[Dataset entries]
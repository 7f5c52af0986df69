-- ===== src/Parser/Ranges.antt =====
-- Every event that src/event_parser.cpp hands on is in the range of its types, and asks for a policy
-- that there is.
use orda_book.Prelude.{
  ℕ, ◌^◌, ◌<◌, ◌≡◌, refl, inl, inr, Option-cases, if_cases, if◌then◌else◌, not, false, Option, none,
  some, List, [], ◌∷◌, All, arith,
}
use orda_book.Prelude.Int.{ℤ}
use orda_book.Types.{Event}
use orda_book.Engine.{increment}
use orda_book.Codec.Records.{IsInt64, Fits}
use orda_book.Parser.Tokens.{
  Bytes, codes, same, is_empty, is_blank_or_comment, next_token, parse_unsigned, parse_signed,
}
use orda_book.Parser.Names.{parse_side}
use orda_book.Parser.Numbers.{parse_unsigned_range, parse_signed_range}
use orda_book.Parser.Stream
use orda_book.Parser.Stream.{
  default_event, end_options, time_option, and_then, options_loop, parse_add_options, Line, skipped,
  parsed, refused, parse_price, finish_add, add_numbers, parse_add, cancel_number, parse_cancel,
  modify_numbers, parse_modify, parse_line,
}
use orda_book.Parser.Lines.{outcome, outcome_of}
use orda_book.Parser.Policies.{IsBegun, IsSound, Gives, options_loop-IsSound}

abbrev pub LineGives : (Event → Type 0) → Line → Type 0
LineGives P (parsed event) = P event
LineGives P _ = Unit {0}

finish_add-IsSound :
    (view : Bytes) (o : Option Event)
    → Gives (IsBegun false) o
    → LineGives IsSound (finish_add view o)
unfolding finish_add parse_add_options
finish_add-IsSound view none b = tt
finish_add-IsSound view (some event) b = lift _ (options_loop-IsSound _ view false event b)
  where
    lift :
        (o : Option Event)
        → Gives IsSound o
        → LineGives IsSound
            (elim o [ none ↦ refused Stream.invalid_add_options | some event ↦ parsed event ])
    lift none s = tt
    lift (some event) s = s

parse_price-IsBegun :
    (token : Bytes) (event : Event)
    → IsBegun false event
    → event.post_only ≡ false
    → Gives (IsBegun false) (parse_price token event)
unfolding parse_price
parse_price-IsBegun token event b p =
    if_cases (Gives (IsBegun false)) (same token (codes "MARKET")) _ _ (λ _. ground arith)
      (λ _. elim (Option-cases (parse_signed token)) [
        | inl e ↦ rw e tt
        | inr (price, e) ↦ rw e (ground (arith, parse_signed_range token price e))
      ])

default_event-Fits : (n : ℕ) → Fits (default_event (increment n))
unfolding increment
default_event-Fits n = ground arith

-- What the readers of numbers give is in range.
abbrev Ranges : {A : Type 0} → (A → Type 0) → Option A → Type 0
Ranges P none = Unit {0}
Ranges P (some a) = P a

unsigned-Ranges : (token : Bytes) → Ranges (λ n. n < 2 ^ 64) (parse_unsigned token)
unsigned-Ranges token = elim (Option-cases (parse_unsigned token)) [
  | inl e ↦ rw e tt
  | inr (n, e) ↦ rw e (parse_unsigned_range token n e)
]

signed-Ranges : (token : Bytes) → Ranges IsInt64 (parse_signed token)
signed-Ranges token = elim (Option-cases (parse_signed token)) [
  | inl e ↦ rw e tt
  | inr (n, e) ↦ rw e (parse_signed_range token n e)
]

add_numbers-IsSound :
    (order_id : Option ℕ) (qty : Option ℤ) (side price_or_type view : Bytes) (n : ℕ)
    → Ranges (λ n. n < 2 ^ 64) order_id
    → Ranges IsInt64 qty
    → LineGives IsSound
        (add_numbers order_id qty side price_or_type view (default_event (increment n)))
unfolding add_numbers increment
add_numbers-IsSound none qty side price_or_type view n i q = tt
add_numbers-IsSound (some id) none side price_or_type view n i q = tt
add_numbers-IsSound (some id) (some quantity) side price_or_type view n i q =
    elim (parse_side side)
      as (λ o. LineGives IsSound (elim o [
        | none ↦ refused Stream.invalid_side
        | some side ↦ finish_add view (
            parse_price price_or_type
              (record (default_event (increment n)) { order_id = id; qty = quantity; side = side }))
      ])) [
        | none ↦ tt
        | some s ↦ finish_add-IsSound view _ (
            parse_price-IsBegun price_or_type
              (record (default_event (increment n)) { order_id = id; qty = quantity; side = s })
              (ground (arith, i, q)) refl)
      ]

parse_add-IsSound :
    (view : Bytes) (n : ℕ) → LineGives IsSound (parse_add view (default_event (increment n)))
unfolding parse_add
parse_add-IsSound view n = add_numbers-IsSound _ _ _ _ _ n (unsigned-Ranges _) (signed-Ranges _)

cancel_number-IsSound :
    (order_id : Option ℕ) (view : Bytes) (n : ℕ)
    → Ranges (λ n. n < 2 ^ 64) order_id
    → LineGives IsSound (cancel_number order_id view (default_event (increment n)))
unfolding cancel_number increment
cancel_number-IsSound none view n i = tt
cancel_number-IsSound (some id) view n i =
    if_cases (LineGives IsSound) (not (is_empty (next_token view).0)) _ _ (λ _. tt)
      (λ _. ground (arith, i))

parse_cancel-IsSound :
    (view : Bytes) (n : ℕ) → LineGives IsSound (parse_cancel view (default_event (increment n)))
unfolding parse_cancel
parse_cancel-IsSound view n = cancel_number-IsSound _ _ n (unsigned-Ranges _)

modify_numbers-IsSound :
    (order_id : Option ℕ) (new_price new_qty : Option ℤ) (view : Bytes) (n : ℕ)
    → Ranges (λ n. n < 2 ^ 64) order_id
    → Ranges IsInt64 new_price
    → Ranges IsInt64 new_qty
    → LineGives IsSound
        (modify_numbers order_id new_price new_qty view (default_event (increment n)))
unfolding modify_numbers increment
modify_numbers-IsSound none price qty view n i p q = tt
modify_numbers-IsSound (some id) none qty view n i p q = tt
modify_numbers-IsSound (some id) (some price) none view n i p q = tt
modify_numbers-IsSound (some id) (some price) (some qty) view n i p q =
    if_cases (LineGives IsSound) (not (is_empty (next_token view).0)) _ _ (λ _. tt)
      (λ _. ground (arith, i, p, q))

parse_modify-IsSound :
    (view : Bytes) (n : ℕ) → LineGives IsSound (parse_modify view (default_event (increment n)))
unfolding parse_modify
parse_modify-IsSound view n =
    modify_numbers-IsSound _ _ _ _ n (unsigned-Ranges _) (signed-Ranges _) (signed-Ranges _)

parse_line-IsSound : (n : ℕ) (line : Bytes) → LineGives IsSound (parse_line (increment n) line)
unfolding parse_line
parse_line-IsSound n line =
    let (command, view) = next_token line in
    let event = default_event (increment n) in
    let P = LineGives IsSound in
    let unknown = refused Stream.unknown_command in
    let modify = if same command (codes "MODIFY") then parse_modify view event else unknown in
    let cancel = if same command (codes "CANCEL") then parse_cancel view event else modify in
    let add = if same command (codes "ADD") then parse_add view event else cancel in
    if_cases P (is_blank_or_comment line) skipped add (λ _. tt)
      (λ _.
        if_cases P (same command (codes "ADD")) (parse_add view event) cancel
          (λ _. parse_add-IsSound view n)
          (λ _.
            if_cases P (same command (codes "CANCEL")) (parse_cancel view event) modify
              (λ _. parse_cancel-IsSound view n)
              (λ _.
                if_cases P (same command (codes "MODIFY")) (parse_modify view event) unknown
                  (λ _. parse_modify-IsSound view n) (λ _. tt))))

pub outcome-IsSound : (n : ℕ) (lines : List Bytes) → All IsSound (outcome n lines).0
unfolding outcome
outcome-IsSound n [] = tt
outcome-IsSound n (line ∷ lines) =
    go (parse_line (increment n) line) (parse_line-IsSound n line)
      (outcome-IsSound (increment n) lines)
  where
    go :
        (l : Line)
        → LineGives IsSound l
        → All IsSound (outcome (increment n) lines).0
        → All IsSound (outcome_of (increment n) lines l).0
    go skipped s rest = rest
    go (refused message) s rest = tt
    go (parsed event) s rest = (s, rest)
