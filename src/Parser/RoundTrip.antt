-- ===== src/Parser/RoundTrip.antt =====
-- Commands written with any delimiters between their words are read back by src/event_parser.cpp.
use orda_book.Prelude.{
  ℕ, ◌≡◌, refl, ◌∙◌, if◌then◌else◌, Bool, false, some, List, [], ◌∷◌, ◌++◌, All, arith,
}
use orda_book.Prelude.Int.{ℤ}
use orda_book.Types.{Side, Event, market, TimeInForce}
use orda_book.Codec.Records.{IsInt64}
use orda_book.Parser.Tokens.{
  Bytes, codes, same, is_empty, starts_comment, is_delimiter, skip_delimiters, is_blank_or_comment,
  next_token,
}
use orda_book.Parser.Names.{side_to_string}
use orda_book.Parser.Stream.{
  default_event, parse_add_options, Message, skipped, parsed, refused, parse_price, finish_add,
  add_numbers, parse_add, cancel_number, parse_cancel, modify_numbers, parse_modify, parse_line,
}
use orda_book.Parser.Decimal.{
  decimal, signed_decimal, parse_unsigned-decimal, parse_signed-signed_decimal,
}
use orda_book.Parser.Written.{
  decimal-IsWord, signed_decimal-IsWord, signed_decimal-ne-market, side-IsWord,
  parse_side-side_to_string,
}
use orda_book.Parser.Words.{
  IsDelimiter, IsWord, skip-delimiters, skip_word, spaced, next_token-word, next_token-spaced,
}
use orda_book.Parser.Options.{parse_add_options-written, market-IsWord, nil_token}
use orda_book.Parser.Commands.{
  Command, add_limit, add_market, cancel, modify, comment, head_word, more_words, meaning,
  IsCommand,
}

is_empty-word : (word rest : Bytes) → is_empty word ≡ false → is_empty (word ++ rest) ≡ false
is_empty-word [] rest f = cc
is_empty-word (ch ∷ word) rest f = refl

starts_comment-word :
    (word rest : Bytes)
    → is_empty word ≡ false
    → starts_comment word ≡ false
    → starts_comment (word ++ rest) ≡ false
starts_comment-word [] rest f c = cc
starts_comment-word (ch ∷ word) rest f c = c

add-IsWord : IsWord (codes "ADD")
unfolding is_delimiter
add-IsWord = ground arith

cancel-IsWord : IsWord (codes "CANCEL")
unfolding is_delimiter
cancel-IsWord = ground arith

modify-IsWord : IsWord (codes "MODIFY")
unfolding is_delimiter
modify-IsWord = ground arith

comment_line :
    (n : ℕ) (gap text : Bytes) → All IsDelimiter gap → parse_line n (gap ++ (b'#' ∷ text)) ≡ skipped
unfolding parse_line is_blank_or_comment
comment_line n gap text d =
    let e : skip_delimiters (gap ++ (b'#' ∷ text)) ≡ b'#' ∷ text =
      skip-delimiters gap (b'#' ∷ text) d ∙ unfold skip_delimiters is_delimiter in refl in
    rw e

add_numbers-side :
    (id : ℕ) (qty : ℤ) (side : Side) (price_or_type view : Bytes) (event : Event)
    → add_numbers (some id) (some qty) (side_to_string side) price_or_type view event
      ≡ finish_add view
          (parse_price price_or_type (record event { order_id = id; qty = qty; side = side }))
unfolding add_numbers
add_numbers-side id qty side price_or_type view event =
    rw (parse_side-side_to_string side, add_numbers)

parse_price-signed_decimal :
    (price : ℤ) (event : Event)
    → IsInt64 price
    → parse_price (signed_decimal price) event ≡ some (record event { price = price })
unfolding parse_price
parse_price-signed_decimal price event p =
    rw (signed_decimal-ne-market price, parse_signed-signed_decimal price p)

finish_add-options :
    (view : Bytes) (event done : Event)
    → parse_add_options view event ≡ some done
    → finish_add view (some event) ≡ parsed done
unfolding finish_add
finish_add-options view event done e = rw (e, finish_add)

module _ (first : ℕ) (more : Bytes) (first_delimits : IsDelimiter first)
    (delimits : All IsDelimiter more) where
  abbrev words_of : List Bytes → Bytes
  words_of = spaced first more first_delimits delimits

  take_word :
      (word : Bytes) (words : List Bytes)
      → IsWord word
      → next_token (words_of (word ∷ words)) ≡ (word, words_of words)
  take_word = next_token-spaced first more first_delimits delimits

  parse_add-limit :
      (n id : ℕ) (side : Side) (price qty : ℤ) (t : TimeInForce) (post_only : Bool)
      → IsCommand (add_limit id side price qty t post_only)
      → parse_add
          (words_of (more_words (add_limit id side price qty t post_only)))
          (default_event n)
        ≡ meaning n (add_limit id side price qty t post_only)
  unfolding parse_add more_words meaning
  parse_add-limit n id side price qty t post_only (i, p, q, o) =
      rw
        (
          take_word (decimal id) _ (decimal-IsWord id),
          take_word (side_to_string side) _ (side-IsWord side),
          take_word (signed_decimal price) _ (signed_decimal-IsWord price),
          take_word (signed_decimal qty) _ (signed_decimal-IsWord qty),
          parse_unsigned-decimal id i,
          parse_signed-signed_decimal qty q,
          add_numbers-side id qty side,
          parse_price-signed_decimal price
              (record (default_event n) { order_id = id; qty = qty; side = side }) p,
        )
        (finish_add-options _ _ _ (
          parse_add_options-written first more first_delimits delimits t post_only
            (record (default_event n) { order_id = id; qty = qty; side = side; price = price }) refl
            o refl))

  parse_add-market :
      (n id : ℕ) (side : Side) (qty : ℤ) (t : TimeInForce)
      → IsCommand (add_market id side qty t)
      → parse_add (words_of (more_words (add_market id side qty t))) (default_event n)
        ≡ meaning n (add_market id side qty t)
  unfolding parse_add more_words meaning parse_price same
  parse_add-market n id side qty t (i, q, o) =
      rw
        (
          take_word (decimal id) _ (decimal-IsWord id),
          take_word (side_to_string side) _ (side-IsWord side),
          take_word (codes "MARKET") _ market-IsWord,
          take_word (signed_decimal qty) _ (signed_decimal-IsWord qty),
          parse_unsigned-decimal id i,
          parse_signed-signed_decimal qty q,
          add_numbers-side id qty side,
        )
        (finish_add-options _ _ _ (
          parse_add_options-written first more first_delimits delimits t false
            (record (default_event n) {
              order_id = id;
              qty = qty;
              side = side;
              order_type = market;
            })
            o refl refl))

  parse_cancel-written :
      (n id : ℕ)
      → IsCommand (cancel id)
      → parse_cancel (words_of (more_words (cancel id))) (default_event n) ≡ meaning n (cancel id)
  unfolding parse_cancel more_words meaning cancel_number
  parse_cancel-written n id i =
      rw (take_word (decimal id) [] (decimal-IsWord id), parse_unsigned-decimal id i, nil_token)

  parse_modify-written :
      (n id : ℕ) (price qty : ℤ)
      → IsCommand (modify id price qty)
      → parse_modify (words_of (more_words (modify id price qty))) (default_event n)
        ≡ meaning n (modify id price qty)
  unfolding parse_modify more_words meaning modify_numbers
  parse_modify-written n id price qty (i, p, q) = rw (
    take_word (decimal id) _ (decimal-IsWord id),
    take_word (signed_decimal price) _ (signed_decimal-IsWord price),
    take_word (signed_decimal qty) [] (signed_decimal-IsWord qty),
    parse_unsigned-decimal id i,
    parse_signed-signed_decimal price p,
    parse_signed-signed_decimal qty q,
    nil_token,
  )

  -- A line of text, with delimiters before its first word.
  abbrev pub text_line : Bytes → Command → Bytes
  text_line gap command = gap ++ (head_word command ++ words_of (more_words command))

  -- The command of a line that is neither blank nor a comment.
  command_line :
      (n : ℕ) (gap word : Bytes) (words : List Bytes)
      → All IsDelimiter gap
      → IsWord word
      → starts_comment word ≡ false
      → parse_line n (gap ++ (word ++ words_of words)) ≡ (
          if same word (codes "ADD")
          then parse_add (words_of words) (default_event n)
          else if same word (codes "CANCEL")
          then parse_cancel (words_of words) (default_event n)
          else if same word (codes "MODIFY")
          then parse_modify (words_of words) (default_event n)
          else refused Message.unknown_command)
  unfolding parse_line is_blank_or_comment
  command_line n gap word words d w c =
      let rest = words_of words in
      let filled : is_empty (word ++ rest) ≡ false = is_empty-word word rest w.filled in
      let plain : starts_comment (word ++ rest) ≡ false =
        starts_comment-word word rest w.filled c in
      rw (
        next_token-word first more first_delimits delimits gap word words d w,
        skip-delimiters gap (word ++ rest) d,
        skip_word word rest w,
        filled,
        plain,
      )

  pub parse_line-text_line :
      (n : ℕ) (gap : Bytes) (command : Command)
      → All IsDelimiter gap
      → IsCommand command
      → parse_line n (text_line gap command) ≡ meaning n command
  parse_line-text_line n gap (add_limit id side price qty t post_only) d c =
      command_line n gap (codes "ADD") _ d add-IsWord refl
      ∙ unfold same in parse_add-limit n id side price qty t post_only c
  parse_line-text_line n gap (add_market id side qty t) d c =
      command_line n gap (codes "ADD") _ d add-IsWord refl
      ∙ unfold same in parse_add-market n id side qty t c
  parse_line-text_line n gap (cancel id) d c =
      command_line n gap (codes "CANCEL") _ d cancel-IsWord refl
      ∙ unfold same in parse_cancel-written n id c
  parse_line-text_line n gap (modify id price qty) d c =
      command_line n gap (codes "MODIFY") _ d modify-IsWord refl
      ∙ unfold same in parse_modify-written n id price qty c
  parse_line-text_line n gap (comment text) d c = unfold meaning in comment_line n gap _ d
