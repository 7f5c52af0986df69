-- ===== src/Parser/Texts.antt =====
-- Whole texts of commands are read back by the functions of src/event_parser.hpp.
use orda_book.Prelude.{
  ℕ, ◌≡◌, refl, ap, ◌∙◌, Bool, true, false, none, List, [], ◌∷◌, ◌++◌, All, arith,
}
use orda_book.Prelude.Lists.{All-append, All-mono}
use orda_book.Types.{Event}
use orda_book.Engine.{increment}
use orda_book.Parser.Tokens.{Bytes, is_delimiter}
use orda_book.Parser.Stream.{
  Line, skipped, parsed, refused, parse_line, succeed, parse_event_stream_impl, parse_event_stream,
  for_each_event_stream,
}
use orda_book.Parser.Lines.{lines_of, put_first, outcome, report, parse_event_stream_impl-outcome}
use orda_book.Parser.Written.{decimal-IsWord, signed_decimal-IsWord, side-IsWord, time-IsWord}
use orda_book.Parser.Options.{market-IsWord, post_only-IsWord}
use orda_book.Parser.Words.{IsDelimiter, IsInner, IsWord, spaced}
use orda_book.Parser.Commands.{
  Command, add_limit, add_market, cancel, modify, comment, post_words, head_word, more_words,
  meaning, InText, IsCommand,
}
use orda_book.Parser.RoundTrip.{text_line, parse_line-text_line}

lines-append :
    (line rest : Bytes) → All InText line → lines_of (line ++ (b'\n' ∷ rest)) ≡ line ∷ lines_of rest
unfolding lines_of
lines-append [] rest t = refl
lines-append (ch ∷ line) rest (t, ts) = rw t (ap (put_first ch) (lines-append line rest ts))

delimiter-InText : (ch : ℕ) → IsDelimiter ch → InText ch
unfolding is_delimiter
delimiter-InText ch d = ground arith

gap-InText : (gap : Bytes) → All IsDelimiter gap → All InText gap
gap-InText gap = All-mono IsDelimiter InText delimiter-InText gap

word-InText : (word : Bytes) → IsWord word → All InText word
word-InText word w = All-mono IsInner InText (λ ch i. i.in_line) word w.inner

post_words-IsWord : (post_only : Bool) → All IsWord (post_words post_only)
post_words-IsWord true = (post_only-IsWord, tt)
post_words-IsWord false = tt

more_words-IsWord : (command : Command) → All IsWord (more_words command)
unfolding more_words
more_words-IsWord (add_limit id side price qty t post_only) = (
  decimal-IsWord id,
  (
    side-IsWord side,
    (
      signed_decimal-IsWord price,
      (signed_decimal-IsWord qty, (time-IsWord t, post_words-IsWord post_only)),
    ),
  ),
)
more_words-IsWord (add_market id side qty t) = (
  decimal-IsWord id,
  (side-IsWord side, (market-IsWord, (signed_decimal-IsWord qty, (time-IsWord t, tt)))),
)
more_words-IsWord (cancel id) = (decimal-IsWord id, tt)
more_words-IsWord (modify id price qty) =
    (decimal-IsWord id, (signed_decimal-IsWord price, (signed_decimal-IsWord qty, tt)))
more_words-IsWord (comment text) = tt

head_word-InText : (command : Command) → IsCommand command → All InText (head_word command)
head_word-InText (add_limit id side price qty t post_only) c = ground arith
head_word-InText (add_market id side qty t) c = ground arith
head_word-InText (cancel id) c = ground arith
head_word-InText (modify id price qty) c = ground arith
head_word-InText (comment text) c = (refl, c)

module _ (first : ℕ) (more : Bytes) (first_delimits : IsDelimiter first)
    (delimits : All IsDelimiter more) where
  spaced-InText :
      (words : List Bytes)
      → All IsWord words
      → All InText (spaced first more first_delimits delimits words)
  spaced-InText [] w = tt
  spaced-InText (word ∷ words) (w, ws) =
      All-append InText (first ∷ more) _ (gap-InText (first ∷ more) (first_delimits, delimits))
        (All-append InText word _ (word-InText word w) (spaced-InText words ws))

  abbrev line_of : Bytes → Command → Bytes
  line_of = text_line first more first_delimits delimits

  line_of-InText :
      (gap : Bytes) (command : Command)
      → All IsDelimiter gap
      → IsCommand command
      → All InText (line_of gap command)
  line_of-InText gap command d c = All-append InText gap _ (gap-InText gap d) (
      All-append InText (head_word command) _ (head_word-InText command c)
        (spaced-InText (more_words command) (more_words-IsWord command)))

  -- Commands, each on a line of its own behind the delimiters that it comes with.
  abbrev pub text_of : List (Bytes × Command) → Bytes
  text_of [] = []
  text_of ((gap, command) ∷ rest) = line_of gap command ++ (b'\n' ∷ text_of rest)

abbrev put_line : Line → List Event → List Event
put_line skipped events = events
put_line (refused message) events = []
put_line (parsed event) events = event ∷ events

-- The events that commands ask for, on lines that follow line `n`.
unfoldable pub asked : ℕ → List (Bytes × Command) → List Event
asked n [] = []
asked n ((gap, command) ∷ rest) =
    put_line (meaning (increment n) command) (asked (increment n) rest)

abbrev pub AreCommands : List (Bytes × Command) → Type 0
AreCommands = All (λ c. All IsDelimiter c.0 × IsCommand c.1)

-- A line that gives what its command means, before lines that are read.
outcome-put_line :
    (n : ℕ) (line : Bytes) (lines : List Bytes) (command : Command) (events : List Event)
    → parse_line (increment n) line ≡ meaning (increment n) command
    → outcome (increment n) lines ≡ (events, none)
    → outcome n (line ∷ lines) ≡ (put_line (meaning (increment n) command) events, none)
unfolding outcome meaning
outcome-put_line n line lines (add_limit id side price qty t post_only) events p o =
    rw (p, outcome, o)
outcome-put_line n line lines (add_market id side qty t) events p o = rw (p, outcome, o)
outcome-put_line n line lines (cancel id) events p o = rw (p, outcome, o)
outcome-put_line n line lines (modify id price qty) events p o = rw (p, outcome, o)
outcome-put_line n line lines (comment text) events p o = rw (p, outcome, o)

module _ (first : ℕ) (more : Bytes) (first_delimits : IsDelimiter first)
    (delimits : All IsDelimiter more) where
  outcome-text_of :
      (n : ℕ) (commands : List (Bytes × Command))
      → AreCommands commands
      → outcome n (lines_of (text_of first more first_delimits delimits commands))
        ≡ (asked n commands, none)
  unfolding asked
  outcome-text_of n [] c = unfold outcome lines_of in refl
  outcome-text_of n ((gap, command) ∷ rest) ((d, c), cs) =
      let line = text_line first more first_delimits delimits gap command in
      let text = text_of first more first_delimits delimits rest in
      ap (outcome n)
        (lines-append line text (line_of-InText first more first_delimits delimits gap command d c))
      ∙ outcome-put_line n line (lines_of text) command (asked (increment n) rest)
          (parse_line-text_line first more first_delimits delimits (increment n) gap command d c)
          (outcome-text_of (increment n) rest cs)

  -- A text of adds, cancels, modifies and comments, with the same delimiters between all words and any delimiters
  -- before the first of a line: it is read without an error, without a callback and with one, and
  -- gives the events that the commands ask for, each with the number of its line.
  pub parse_event_stream-text_of :
      (commands : List (Bytes × Command))
      → AreCommands commands
      → (parse_event_stream (text_of first more first_delimits delimits commands)
          ≡ succeed (asked 0 commands))
        × (for_each_event_stream (text_of first more first_delimits delimits commands)
            ≡ record { seen = asked 0 commands; result = succeed [] })
  unfolding parse_event_stream for_each_event_stream
  parse_event_stream-text_of commands c =
      let text = text_of first more first_delimits delimits commands in
      let back : (callback : Bool)
          → parse_event_stream_impl text callback ≡ report callback [] [] (asked 0 commands, none) =
        λ callback.
          parse_event_stream_impl-outcome text callback
          ∙ ap (report callback [] []) (outcome-text_of 0 commands c) in
      (ap (λ s. s.result) (back false), back true)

▶ **BRIEF**: Copy word for word the stretch of entries above from the line that has "is_empty-word [] rest f = cc" through the line that has "starts_comment-word [] rest f c = cc", both ends included, and nothing outside it.

▶ **RESULT FOR THIS EXERCISE**:
is_empty-word [] rest f = cc
is_empty-word (ch ∷ word) rest f = refl

starts_comment-word :
    (word rest : Bytes)
    → is_empty word ≡ false
    → starts_comment word ≡ false
    → starts_comment (word ++ rest) ≡ false
starts_comment-word [] rest f c = cc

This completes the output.